• _Exercise directions_
Produce an exact copy of all the records.

*** Information provided ***

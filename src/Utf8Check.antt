-- ===== src/Utf8Check.antt =====
-- src/utf8check.rs: the check of 32 bytes at a time. A vector is the list of its 32 bytes, each
-- below 256.
pub mod Sequences
pub mod Lanes
pub mod Walk
pub mod Pushes
pub mod Carries
pub mod Runs
pub mod Vectors
pub mod States
pub mod Tracks
use simdjson_rs.Prelude.{
  ℕ, ◌+◌, ◌-◌, ◌*◌, ◌/◌, ◌%◌, Bool, List, [], ◌∷◌, ◌++◌, map, bit_and, bit_or, take, get_or,
  replicate, ltb, leb, ◌==◌, if◌then◌else◌,
}

-- An operation on the lanes of two vectors.
abbrev pub lanes : (ℕ → ℕ → ℕ) → List ℕ → List ℕ → List ℕ
lanes f [] b = []
lanes f (x ∷ a) [] = []
lanes f (x ∷ a) (y ∷ b) = f x y ∷ lanes f a b

-- `_mm256_set1_epi8`, `_mm256_setzero_si256`.
abbrev pub set1 : ℕ → List ℕ
set1 x = replicate 32 x

-- The lane of a comparison.
abbrev pub truth : Bool → ℕ
truth b = if b then 0xff else 0

-- The order of `i8` on the patterns of 8 bits.
abbrev pub cmpgt : ℕ → ℕ → ℕ
cmpgt a b = truth (ltb ((b + 128) % 256) ((a + 128) % 256))

abbrev pub cmpeq : ℕ → ℕ → ℕ
cmpeq a b = truth (a == b)

-- `_mm256_subs_epu8` stops at 0.
abbrev pub subs : ℕ → ℕ → ℕ
subs a b = a - b

abbrev pub add8 : ℕ → ℕ → ℕ
add8 a b = (a + b) % 256

-- `_mm256_shuffle_epi8` of a table of which both halves are `table`.
abbrev pub shuffle : List ℕ → ℕ → ℕ
shuffle table i = if leb 128 i then 0 else get_or table (i % 16) 0

-- `alignr(b, permute2x128(a, b, 0x21), 15)` and `… 14)`.
unfoldable pub push_last_byte_of_a_to_b : List ℕ → List ℕ → List ℕ
push_last_byte_of_a_to_b a b = get_or a 31 0 ∷ take 31 b

unfoldable pub push_last_2bytes_of_a_to_b : List ℕ → List ℕ → List ℕ
push_last_2bytes_of_a_to_b a b = get_or a 30 0 ∷ get_or a 31 0 ∷ take 30 b

unfoldable pub avxcheck_smaller_than_0xf4 : List ℕ → List ℕ → List ℕ
avxcheck_smaller_than_0xf4 current_bytes has_error =
    lanes bit_or has_error (lanes subs current_bytes (set1 0xf4))

abbrev pub continuation_lengths : List ℕ
continuation_lengths = 1 ∷ 1 ∷ 1 ∷ 1 ∷ 1 ∷ 1 ∷ 1 ∷ 1 ∷ 0 ∷ 0 ∷ 0 ∷ 0 ∷ 2 ∷ 2 ∷ 3 ∷ 4 ∷ []

unfoldable pub avxcontinuation_lengths : List ℕ → List ℕ
avxcontinuation_lengths high_nibbles = map (shuffle continuation_lengths) high_nibbles

unfoldable pub avxcarry_continuations : List ℕ → List ℕ → List ℕ
unfolding push_last_byte_of_a_to_b push_last_2bytes_of_a_to_b
avxcarry_continuations initial_lengths previous_carries =
    let right1 = lanes subs (push_last_byte_of_a_to_b previous_carries initial_lengths) (set1 1) in
    let sum = lanes add8 initial_lengths right1 in
    let right2 = lanes subs (push_last_2bytes_of_a_to_b previous_carries sum) (set1 2) in
    lanes add8 sum right2

unfoldable pub avxcheck_continuations : List ℕ → List ℕ → List ℕ → List ℕ
avxcheck_continuations initial_lengths carries has_error =
    let overunder =
      lanes cmpeq (lanes cmpgt carries initial_lengths) (lanes cmpgt initial_lengths (set1 0)) in
    lanes bit_or has_error overunder

unfoldable pub avxcheck_first_continuation_max : List ℕ → List ℕ → List ℕ → List ℕ
avxcheck_first_continuation_max current_bytes off1_current_bytes has_error =
    let mask_ed = lanes cmpeq off1_current_bytes (set1 0xed) in
    let mask_f4 = lanes cmpeq off1_current_bytes (set1 0xf4) in
    let badfollow_ed = lanes bit_and (lanes cmpgt current_bytes (set1 0x9f)) mask_ed in
    let badfollow_f4 = lanes bit_and (lanes cmpgt current_bytes (set1 0x8f)) mask_f4 in
    lanes bit_or has_error (lanes bit_or badfollow_ed badfollow_f4)

-- -128 is 0x80 as a `u8`.
abbrev pub initial_mins_table : List ℕ
initial_mins_table = replicate 12 0x80 ++ (0xc2 ∷ 0x80 ∷ 0xe1 ∷ 0xf1 ∷ [])

abbrev pub second_mins_table : List ℕ
second_mins_table = replicate 12 0x80 ++ (0x7f ∷ 0x7f ∷ 0xa0 ∷ 0x90 ∷ [])

unfoldable pub avxcheck_overlong : List ℕ → List ℕ → List ℕ → List ℕ → List ℕ → List ℕ
unfolding push_last_byte_of_a_to_b
avxcheck_overlong current_bytes off1_current_bytes hibits previous_hibits has_error =
    let off1_hibits = push_last_byte_of_a_to_b previous_hibits hibits in
    let initial_mins = map (shuffle initial_mins_table) off1_hibits in
    let initial_under = lanes cmpgt initial_mins off1_current_bytes in
    let second_mins = map (shuffle second_mins_table) off1_hibits in
    let second_under = lanes cmpgt second_mins current_bytes in
    lanes bit_or has_error (lanes bit_and initial_under second_under)

pub record AvxProcessedUtfBytes : Type 0 where
  pub rawbytes : List ℕ
  pub high_nibbles : List ℕ
  pub carried_continuations : List ℕ

-- `AvxProcessedUtfBytes::default()`.
abbrev pub unprocessed : AvxProcessedUtfBytes
unprocessed = record { rawbytes = set1 0; high_nibbles = set1 0; carried_continuations = set1 0 }

-- `_mm256_srli_epi16(bytes, 4)`: the low four bits of a lane's high byte come in from above.
abbrev pub srli_epi16 : List ℕ → List ℕ
srli_epi16 (a ∷ b ∷ v) = (a / 16 + b % 16 * 16) ∷ b / 16 ∷ srli_epi16 v
srli_epi16 v = v

unfoldable pub avx_count_nibbles : List ℕ → List ℕ
avx_count_nibbles bytes = lanes bit_and (srli_epi16 bytes) (set1 0x0f)

-- The processed bytes, and `has_error`.
unfoldable pub avxcheck_utf8_bytes :
    List ℕ → AvxProcessedUtfBytes → List ℕ → AvxProcessedUtfBytes × List ℕ
avxcheck_utf8_bytes current_bytes previous has_error =
    let high_nibbles = avx_count_nibbles current_bytes in
    let e₁ = avxcheck_smaller_than_0xf4 current_bytes has_error in
    let initial_lengths = avxcontinuation_lengths high_nibbles in
    let carries = avxcarry_continuations initial_lengths previous.carried_continuations in
    let e₂ = avxcheck_continuations initial_lengths carries e₁ in
    let off1_current_bytes = push_last_byte_of_a_to_b previous.rawbytes current_bytes in
    let e₃ = avxcheck_first_continuation_max current_bytes off1_current_bytes e₂ in
    let e₄ =
      avxcheck_overlong current_bytes off1_current_bytes high_nibbles previous.high_nibbles e₃ in
    (
      record {
        rawbytes = current_bytes;
        high_nibbles = high_nibbles;
        carried_continuations = carries;
      },
      e₄,
    )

*** End of Information provided ***

• _Solution to this task_
filename src/Utf8Check.antt
-- ===== src/Utf8Check.antt =====
-- src/utf8check.rs: the check of 32 bytes at a time. A vector is the list of its 32 bytes, each
-- below 256.
pub mod Sequences
pub mod Lanes
pub mod Walk
pub mod Pushes
pub mod Carries
pub mod Runs
pub mod Vectors
pub mod States
pub mod Tracks
use simdjson_rs.Prelude.{
  ℕ, ◌+◌, ◌-◌, ◌*◌, ◌/◌, ◌%◌, Bool, List, [], ◌∷◌, ◌++◌, map, bit_and, bit_or, take, get_or,
  replicate, ltb, leb, ◌==◌, if◌then◌else◌,
}

-- An operation on the lanes of two vectors.
abbrev pub lanes : (ℕ → ℕ → ℕ) → List ℕ → List ℕ → List ℕ
lanes f [] b = []
lanes f (x ∷ a) [] = []
lanes f (x ∷ a) (y ∷ b) = f x y ∷ lanes f a b

-- `_mm256_set1_epi8`, `_mm256_setzero_si256`.
abbrev pub set1 : ℕ → List ℕ
set1 x = replicate 32 x

-- The lane of a comparison.
abbrev pub truth : Bool → ℕ
truth b = if b then 0xff else 0

-- The order of `i8` on the patterns of 8 bits.
abbrev pub cmpgt : ℕ → ℕ → ℕ
cmpgt a b = truth (ltb ((b + 128) % 256) ((a + 128) % 256))

abbrev pub cmpeq : ℕ → ℕ → ℕ
cmpeq a b = truth (a == b)

-- `_mm256_subs_epu8` stops at 0.
abbrev pub subs : ℕ → ℕ → ℕ
subs a b = a - b

abbrev pub add8 : ℕ → ℕ → ℕ
add8 a b = (a + b) % 256

-- `_mm256_shuffle_epi8` of a table of which both halves are `table`.
abbrev pub shuffle : List ℕ → ℕ → ℕ
shuffle table i = if leb 128 i then 0 else get_or table (i % 16) 0

-- `alignr(b, permute2x128(a, b, 0x21), 15)` and `… 14)`.
unfoldable pub push_last_byte_of_a_to_b : List ℕ → List ℕ → List ℕ
push_last_byte_of_a_to_b a b = get_or a 31 0 ∷ take 31 b

unfoldable pub push_last_2bytes_of_a_to_b : List ℕ → List ℕ → List ℕ
push_last_2bytes_of_a_to_b a b = get_or a 30 0 ∷ get_or a 31 0 ∷ take 30 b

unfoldable pub avxcheck_smaller_than_0xf4 : List ℕ → List ℕ → List ℕ
avxcheck_smaller_than_0xf4 current_bytes has_error =
    lanes bit_or has_error (lanes subs current_bytes (set1 0xf4))

abbrev pub continuation_lengths : List ℕ
continuation_lengths = 1 ∷ 1 ∷ 1 ∷ 1 ∷ 1 ∷ 1 ∷ 1 ∷ 1 ∷ 0 ∷ 0 ∷ 0 ∷ 0 ∷ 2 ∷ 2 ∷ 3 ∷ 4 ∷ []

unfoldable pub avxcontinuation_lengths : List ℕ → List ℕ
avxcontinuation_lengths high_nibbles = map (shuffle continuation_lengths) high_nibbles

unfoldable pub avxcarry_continuations : List ℕ → List ℕ → List ℕ
unfolding push_last_byte_of_a_to_b push_last_2bytes_of_a_to_b
avxcarry_continuations initial_lengths previous_carries =
    let right1 = lanes subs (push_last_byte_of_a_to_b previous_carries initial_lengths) (set1 1) in
    let sum = lanes add8 initial_lengths right1 in
    let right2 = lanes subs (push_last_2bytes_of_a_to_b previous_carries sum) (set1 2) in
    lanes add8 sum right2

unfoldable pub avxcheck_continuations : List ℕ → List ℕ → List ℕ → List ℕ
avxcheck_continuations initial_lengths carries has_error =
    let overunder =
      lanes cmpeq (lanes cmpgt carries initial_lengths) (lanes cmpgt initial_lengths (set1 0)) in
    lanes bit_or has_error overunder

unfoldable pub avxcheck_first_continuation_max : List ℕ → List ℕ → List ℕ → List ℕ
avxcheck_first_continuation_max current_bytes off1_current_bytes has_error =
    let mask_ed = lanes cmpeq off1_current_bytes (set1 0xed) in
    let mask_f4 = lanes cmpeq off1_current_bytes (set1 0xf4) in
    let badfollow_ed = lanes bit_and (lanes cmpgt current_bytes (set1 0x9f)) mask_ed in
    let badfollow_f4 = lanes bit_and (lanes cmpgt current_bytes (set1 0x8f)) mask_f4 in
    lanes bit_or has_error (lanes bit_or badfollow_ed badfollow_f4)

-- -128 is 0x80 as a `u8`.
abbrev pub initial_mins_table : List ℕ
initial_mins_table = replicate 12 0x80 ++ (0xc2 ∷ 0x80 ∷ 0xe1 ∷ 0xf1 ∷ [])

abbrev pub second_mins_table : List ℕ
second_mins_table = replicate 12 0x80 ++ (0x7f ∷ 0x7f ∷ 0xa0 ∷ 0x90 ∷ [])

unfoldable pub avxcheck_overlong : List ℕ → List ℕ → List ℕ → List ℕ → List ℕ → List ℕ
unfolding push_last_byte_of_a_to_b
avxcheck_overlong current_bytes off1_current_bytes hibits previous_hibits has_error =
    let off1_hibits = push_last_byte_of_a_to_b previous_hibits hibits in
    let initial_mins = map (shuffle initial_mins_table) off1_hibits in
    let initial_under = lanes cmpgt initial_mins off1_current_bytes in
    let second_mins = map (shuffle second_mins_table) off1_hibits in
    let second_under = lanes cmpgt second_mins current_bytes in
    lanes bit_or has_error (lanes bit_and initial_under second_under)

pub record AvxProcessedUtfBytes : Type 0 where
  pub rawbytes : List ℕ
  pub high_nibbles : List ℕ
  pub carried_continuations : List ℕ

-- `AvxProcessedUtfBytes::default()`.
abbrev pub unprocessed : AvxProcessedUtfBytes
unprocessed = record { rawbytes = set1 0; high_nibbles = set1 0; carried_continuations = set1 0 }

-- `_mm256_srli_epi16(bytes, 4)`: the low four bits of a lane's high byte come in from above.
abbrev pub srli_epi16 : List ℕ → List ℕ
srli_epi16 (a ∷ b ∷ v) = (a / 16 + b % 16 * 16) ∷ b / 16 ∷ srli_epi16 v
srli_epi16 v = v

unfoldable pub avx_count_nibbles : List ℕ → List ℕ
avx_count_nibbles bytes = lanes bit_and (srli_epi16 bytes) (set1 0x0f)

-- The processed bytes, and `has_error`.
unfoldable pub avxcheck_utf8_bytes :
    List ℕ → AvxProcessedUtfBytes → List ℕ → AvxProcessedUtfBytes × List ℕ
avxcheck_utf8_bytes current_bytes previous has_error =
    let high_nibbles = avx_count_nibbles current_bytes in
    let e₁ = avxcheck_smaller_than_0xf4 current_bytes has_error in
    let initial_lengths = avxcontinuation_lengths high_nibbles in
    let carries = avxcarry_continuations initial_lengths previous.carried_continuations in
    let e₂ = avxcheck_continuations initial_lengths carries e₁ in
    let off1_current_bytes = push_last_byte_of_a_to_b previous.rawbytes current_bytes in
    let e₃ = avxcheck_first_continuation_max current_bytes off1_current_bytes e₂ in
    let e₄ =
      avxcheck_overlong current_bytes off1_current_bytes high_nibbles previous.high_nibbles e₃ in
    (
      record {
        rawbytes = current_bytes;
        high_nibbles = high_nibbles;
        carried_continuations = carries;
      },
      e₄,
    )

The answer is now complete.